[SOURCE MATERIAL Boundary: Start]

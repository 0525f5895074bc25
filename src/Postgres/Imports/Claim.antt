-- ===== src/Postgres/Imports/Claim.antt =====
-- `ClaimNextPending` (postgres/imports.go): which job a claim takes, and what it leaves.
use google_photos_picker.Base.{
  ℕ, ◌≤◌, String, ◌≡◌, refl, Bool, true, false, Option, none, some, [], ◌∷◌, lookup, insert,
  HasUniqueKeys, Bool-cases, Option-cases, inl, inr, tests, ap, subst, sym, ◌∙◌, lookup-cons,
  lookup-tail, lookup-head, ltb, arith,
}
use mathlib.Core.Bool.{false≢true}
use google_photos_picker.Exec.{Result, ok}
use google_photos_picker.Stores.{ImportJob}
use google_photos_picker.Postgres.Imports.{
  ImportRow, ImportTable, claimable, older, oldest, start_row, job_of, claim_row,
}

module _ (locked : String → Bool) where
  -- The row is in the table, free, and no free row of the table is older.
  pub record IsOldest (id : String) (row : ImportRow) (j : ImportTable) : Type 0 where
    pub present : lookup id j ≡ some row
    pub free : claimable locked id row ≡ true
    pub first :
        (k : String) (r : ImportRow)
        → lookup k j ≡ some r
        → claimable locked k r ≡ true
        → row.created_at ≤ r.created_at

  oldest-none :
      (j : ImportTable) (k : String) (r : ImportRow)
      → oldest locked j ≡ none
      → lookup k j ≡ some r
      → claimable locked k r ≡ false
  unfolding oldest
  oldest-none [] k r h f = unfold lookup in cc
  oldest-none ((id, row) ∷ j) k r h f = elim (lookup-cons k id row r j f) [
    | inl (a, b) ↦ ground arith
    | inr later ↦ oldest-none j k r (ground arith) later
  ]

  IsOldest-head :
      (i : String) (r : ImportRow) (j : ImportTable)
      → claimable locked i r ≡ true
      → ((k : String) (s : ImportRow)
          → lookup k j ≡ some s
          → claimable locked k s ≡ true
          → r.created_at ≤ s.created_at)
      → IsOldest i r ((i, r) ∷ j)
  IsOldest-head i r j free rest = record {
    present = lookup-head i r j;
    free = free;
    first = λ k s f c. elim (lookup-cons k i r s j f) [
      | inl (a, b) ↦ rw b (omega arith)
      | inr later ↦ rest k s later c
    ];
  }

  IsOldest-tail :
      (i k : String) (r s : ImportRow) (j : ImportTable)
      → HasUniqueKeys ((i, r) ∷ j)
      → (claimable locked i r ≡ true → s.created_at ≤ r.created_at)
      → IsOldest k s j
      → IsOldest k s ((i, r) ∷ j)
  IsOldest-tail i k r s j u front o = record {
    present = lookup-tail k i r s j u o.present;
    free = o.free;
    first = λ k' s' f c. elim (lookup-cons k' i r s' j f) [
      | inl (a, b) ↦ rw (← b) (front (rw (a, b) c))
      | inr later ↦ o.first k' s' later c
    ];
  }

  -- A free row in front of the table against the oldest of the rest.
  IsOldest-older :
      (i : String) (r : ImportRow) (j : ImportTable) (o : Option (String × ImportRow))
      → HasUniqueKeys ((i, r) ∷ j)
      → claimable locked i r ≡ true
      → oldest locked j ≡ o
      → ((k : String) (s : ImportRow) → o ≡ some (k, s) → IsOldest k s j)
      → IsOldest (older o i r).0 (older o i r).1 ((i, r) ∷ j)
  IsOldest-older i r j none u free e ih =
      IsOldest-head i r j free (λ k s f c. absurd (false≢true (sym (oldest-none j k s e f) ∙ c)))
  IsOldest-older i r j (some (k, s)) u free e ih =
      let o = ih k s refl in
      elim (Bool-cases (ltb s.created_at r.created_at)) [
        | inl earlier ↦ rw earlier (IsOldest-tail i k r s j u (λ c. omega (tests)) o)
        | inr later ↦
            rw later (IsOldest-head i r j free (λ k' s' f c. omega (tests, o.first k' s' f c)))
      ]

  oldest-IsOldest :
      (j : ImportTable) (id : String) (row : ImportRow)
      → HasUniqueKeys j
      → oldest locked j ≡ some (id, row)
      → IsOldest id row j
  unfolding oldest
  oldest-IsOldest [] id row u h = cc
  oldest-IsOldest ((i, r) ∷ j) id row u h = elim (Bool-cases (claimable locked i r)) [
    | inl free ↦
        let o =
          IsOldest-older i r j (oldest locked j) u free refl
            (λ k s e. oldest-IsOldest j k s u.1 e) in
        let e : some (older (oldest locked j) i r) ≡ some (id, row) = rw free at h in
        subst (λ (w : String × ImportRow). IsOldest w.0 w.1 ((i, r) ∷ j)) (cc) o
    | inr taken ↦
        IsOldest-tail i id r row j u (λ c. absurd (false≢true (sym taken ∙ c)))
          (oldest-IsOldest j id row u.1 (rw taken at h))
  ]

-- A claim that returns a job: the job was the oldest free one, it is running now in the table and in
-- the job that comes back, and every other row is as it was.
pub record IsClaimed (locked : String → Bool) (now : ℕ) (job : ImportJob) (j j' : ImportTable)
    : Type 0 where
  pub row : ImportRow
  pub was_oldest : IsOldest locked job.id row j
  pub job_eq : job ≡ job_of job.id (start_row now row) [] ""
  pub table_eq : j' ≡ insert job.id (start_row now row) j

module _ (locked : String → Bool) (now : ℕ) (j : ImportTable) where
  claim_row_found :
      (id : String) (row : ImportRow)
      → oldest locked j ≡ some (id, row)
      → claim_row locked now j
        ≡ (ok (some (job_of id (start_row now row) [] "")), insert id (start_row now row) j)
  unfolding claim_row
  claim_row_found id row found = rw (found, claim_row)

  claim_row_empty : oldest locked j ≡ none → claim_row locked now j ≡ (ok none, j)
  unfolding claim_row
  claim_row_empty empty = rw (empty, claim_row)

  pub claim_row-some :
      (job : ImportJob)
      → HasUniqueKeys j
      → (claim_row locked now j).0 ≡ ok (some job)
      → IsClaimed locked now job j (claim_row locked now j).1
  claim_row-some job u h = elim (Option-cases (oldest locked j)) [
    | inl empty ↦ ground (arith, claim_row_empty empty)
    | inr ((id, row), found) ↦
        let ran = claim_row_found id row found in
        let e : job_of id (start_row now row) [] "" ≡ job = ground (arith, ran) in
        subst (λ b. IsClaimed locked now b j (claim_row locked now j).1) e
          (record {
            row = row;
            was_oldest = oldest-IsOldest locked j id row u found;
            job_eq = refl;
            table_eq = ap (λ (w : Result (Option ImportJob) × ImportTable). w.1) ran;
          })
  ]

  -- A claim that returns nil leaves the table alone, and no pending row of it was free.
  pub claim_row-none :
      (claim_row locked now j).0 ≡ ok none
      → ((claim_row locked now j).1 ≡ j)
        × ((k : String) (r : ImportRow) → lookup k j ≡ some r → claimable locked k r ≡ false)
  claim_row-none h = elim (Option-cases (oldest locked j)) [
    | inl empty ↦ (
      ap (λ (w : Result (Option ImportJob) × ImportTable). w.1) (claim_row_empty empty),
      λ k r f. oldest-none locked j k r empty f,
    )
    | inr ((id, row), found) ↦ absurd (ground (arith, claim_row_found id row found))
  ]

[SOURCE MATERIAL Boundary: End]

**REQUIRED ACTION:**
Output the records again in full. Keep every character as written.

**ANSWER TO THIS PROBLEM:**
repository 0525f5895074bc25
filename src/Postgres/Imports/Claim.antt
-- ===== src/Postgres/Imports/Claim.antt =====
-- `ClaimNextPending` (postgres/imports.go): which job a claim takes, and what it leaves.
use google_photos_picker.Base.{
  ℕ, ◌≤◌, String, ◌≡◌, refl, Bool, true, false, Option, none, some, [], ◌∷◌, lookup, insert,
  HasUniqueKeys, Bool-cases, Option-cases, inl, inr, tests, ap, subst, sym, ◌∙◌, lookup-cons,
  lookup-tail, lookup-head, ltb, arith,
}
use mathlib.Core.Bool.{false≢true}
use google_photos_picker.Exec.{Result, ok}
use google_photos_picker.Stores.{ImportJob}
use google_photos_picker.Postgres.Imports.{
  ImportRow, ImportTable, claimable, older, oldest, start_row, job_of, claim_row,
}

module _ (locked : String → Bool) where
  -- The row is in the table, free, and no free row of the table is older.
  pub record IsOldest (id : String) (row : ImportRow) (j : ImportTable) : Type 0 where
    pub present : lookup id j ≡ some row
    pub free : claimable locked id row ≡ true
    pub first :
        (k : String) (r : ImportRow)
        → lookup k j ≡ some r
        → claimable locked k r ≡ true
        → row.created_at ≤ r.created_at

  oldest-none :
      (j : ImportTable) (k : String) (r : ImportRow)
      → oldest locked j ≡ none
      → lookup k j ≡ some r
      → claimable locked k r ≡ false
  unfolding oldest
  oldest-none [] k r h f = unfold lookup in cc
  oldest-none ((id, row) ∷ j) k r h f = elim (lookup-cons k id row r j f) [
    | inl (a, b) ↦ ground arith
    | inr later ↦ oldest-none j k r (ground arith) later
  ]

  IsOldest-head :
      (i : String) (r : ImportRow) (j : ImportTable)
      → claimable locked i r ≡ true
      → ((k : String) (s : ImportRow)
          → lookup k j ≡ some s
          → claimable locked k s ≡ true
          → r.created_at ≤ s.created_at)
      → IsOldest i r ((i, r) ∷ j)
  IsOldest-head i r j free rest = record {
    present = lookup-head i r j;
    free = free;
    first = λ k s f c. elim (lookup-cons k i r s j f) [
      | inl (a, b) ↦ rw b (omega arith)
      | inr later ↦ rest k s later c
    ];
  }

  IsOldest-tail :
      (i k : String) (r s : ImportRow) (j : ImportTable)
      → HasUniqueKeys ((i, r) ∷ j)
      → (claimable locked i r ≡ true → s.created_at ≤ r.created_at)
      → IsOldest k s j
      → IsOldest k s ((i, r) ∷ j)
  IsOldest-tail i k r s j u front o = record {
    present = lookup-tail k i r s j u o.present;
    free = o.free;
    first = λ k' s' f c. elim (lookup-cons k' i r s' j f) [
      | inl (a, b) ↦ rw (← b) (front (rw (a, b) c))
      | inr later ↦ o.first k' s' later c
    ];
  }

  -- A free row in front of the table against the oldest of the rest.
  IsOldest-older :
      (i : String) (r : ImportRow) (j : ImportTable) (o : Option (String × ImportRow))
      → HasUniqueKeys ((i, r) ∷ j)
      → claimable locked i r ≡ true
      → oldest locked j ≡ o
      → ((k : String) (s : ImportRow) → o ≡ some (k, s) → IsOldest k s j)
      → IsOldest (older o i r).0 (older o i r).1 ((i, r) ∷ j)
  IsOldest-older i r j none u free e ih =
      IsOldest-head i r j free (λ k s f c. absurd (false≢true (sym (oldest-none j k s e f) ∙ c)))
  IsOldest-older i r j (some (k, s)) u free e ih =
      let o = ih k s refl in
      elim (Bool-cases (ltb s.created_at r.created_at)) [
        | inl earlier ↦ rw earlier (IsOldest-tail i k r s j u (λ c. omega (tests)) o)
        | inr later ↦
            rw later (IsOldest-head i r j free (λ k' s' f c. omega (tests, o.first k' s' f c)))
      ]

  oldest-IsOldest :
      (j : ImportTable) (id : String) (row : ImportRow)
      → HasUniqueKeys j
      → oldest locked j ≡ some (id, row)
      → IsOldest id row j
  unfolding oldest
  oldest-IsOldest [] id row u h = cc
  oldest-IsOldest ((i, r) ∷ j) id row u h = elim (Bool-cases (claimable locked i r)) [
    | inl free ↦
        let o =
          IsOldest-older i r j (oldest locked j) u free refl
            (λ k s e. oldest-IsOldest j k s u.1 e) in
        let e : some (older (oldest locked j) i r) ≡ some (id, row) = rw free at h in
        subst (λ (w : String × ImportRow). IsOldest w.0 w.1 ((i, r) ∷ j)) (cc) o
    | inr taken ↦
        IsOldest-tail i id r row j u (λ c. absurd (false≢true (sym taken ∙ c)))
          (oldest-IsOldest j id row u.1 (rw taken at h))
  ]

-- A claim that returns a job: the job was the oldest free one, it is running now in the table and in
-- the job that comes back, and every other row is as it was.
pub record IsClaimed (locked : String → Bool) (now : ℕ) (job : ImportJob) (j j' : ImportTable)
    : Type 0 where
  pub row : ImportRow
  pub was_oldest : IsOldest locked job.id row j
  pub job_eq : job ≡ job_of job.id (start_row now row) [] ""
  pub table_eq : j' ≡ insert job.id (start_row now row) j

module _ (locked : String → Bool) (now : ℕ) (j : ImportTable) where
  claim_row_found :
      (id : String) (row : ImportRow)
      → oldest locked j ≡ some (id, row)
      → claim_row locked now j
        ≡ (ok (some (job_of id (start_row now row) [] "")), insert id (start_row now row) j)
  unfolding claim_row
  claim_row_found id row found = rw (found, claim_row)

  claim_row_empty : oldest locked j ≡ none → claim_row locked now j ≡ (ok none, j)
  unfolding claim_row
  claim_row_empty empty = rw (empty, claim_row)

  pub claim_row-some :
      (job : ImportJob)
      → HasUniqueKeys j
      → (claim_row locked now j).0 ≡ ok (some job)
      → IsClaimed locked now job j (claim_row locked now j).1
  claim_row-some job u h = elim (Option-cases (oldest locked j)) [
    | inl empty ↦ ground (arith, claim_row_empty empty)
    | inr ((id, row), found) ↦
        let ran = claim_row_found id row found in
        let e : job_of id (start_row now row) [] "" ≡ job = ground (arith, ran) in
        subst (λ b. IsClaimed locked now b j (claim_row locked now j).1) e
          (record {
            row = row;
            was_oldest = oldest-IsOldest locked j id row u found;
            job_eq = refl;
            table_eq = ap (λ (w : Result (Option ImportJob) × ImportTable). w.1) ran;
          })
  ]

  -- A claim that returns nil leaves the table alone, and no pending row of it was free.
  pub claim_row-none :
      (claim_row locked now j).0 ≡ ok none
      → ((claim_row locked now j).1 ≡ j)
        × ((k : String) (r : ImportRow) → lookup k j ≡ some r → claimable locked k r ≡ false)
  claim_row-none h = elim (Option-cases (oldest locked j)) [
    | inl empty ↦ (
      ap (λ (w : Result (Option ImportJob) × ImportTable). w.1) (claim_row_empty empty),
      λ k r f. oldest-none locked j k r empty f,
    )
    | inr ((id, row), found) ↦ absurd (ground (arith, claim_row_found id row found))
  ]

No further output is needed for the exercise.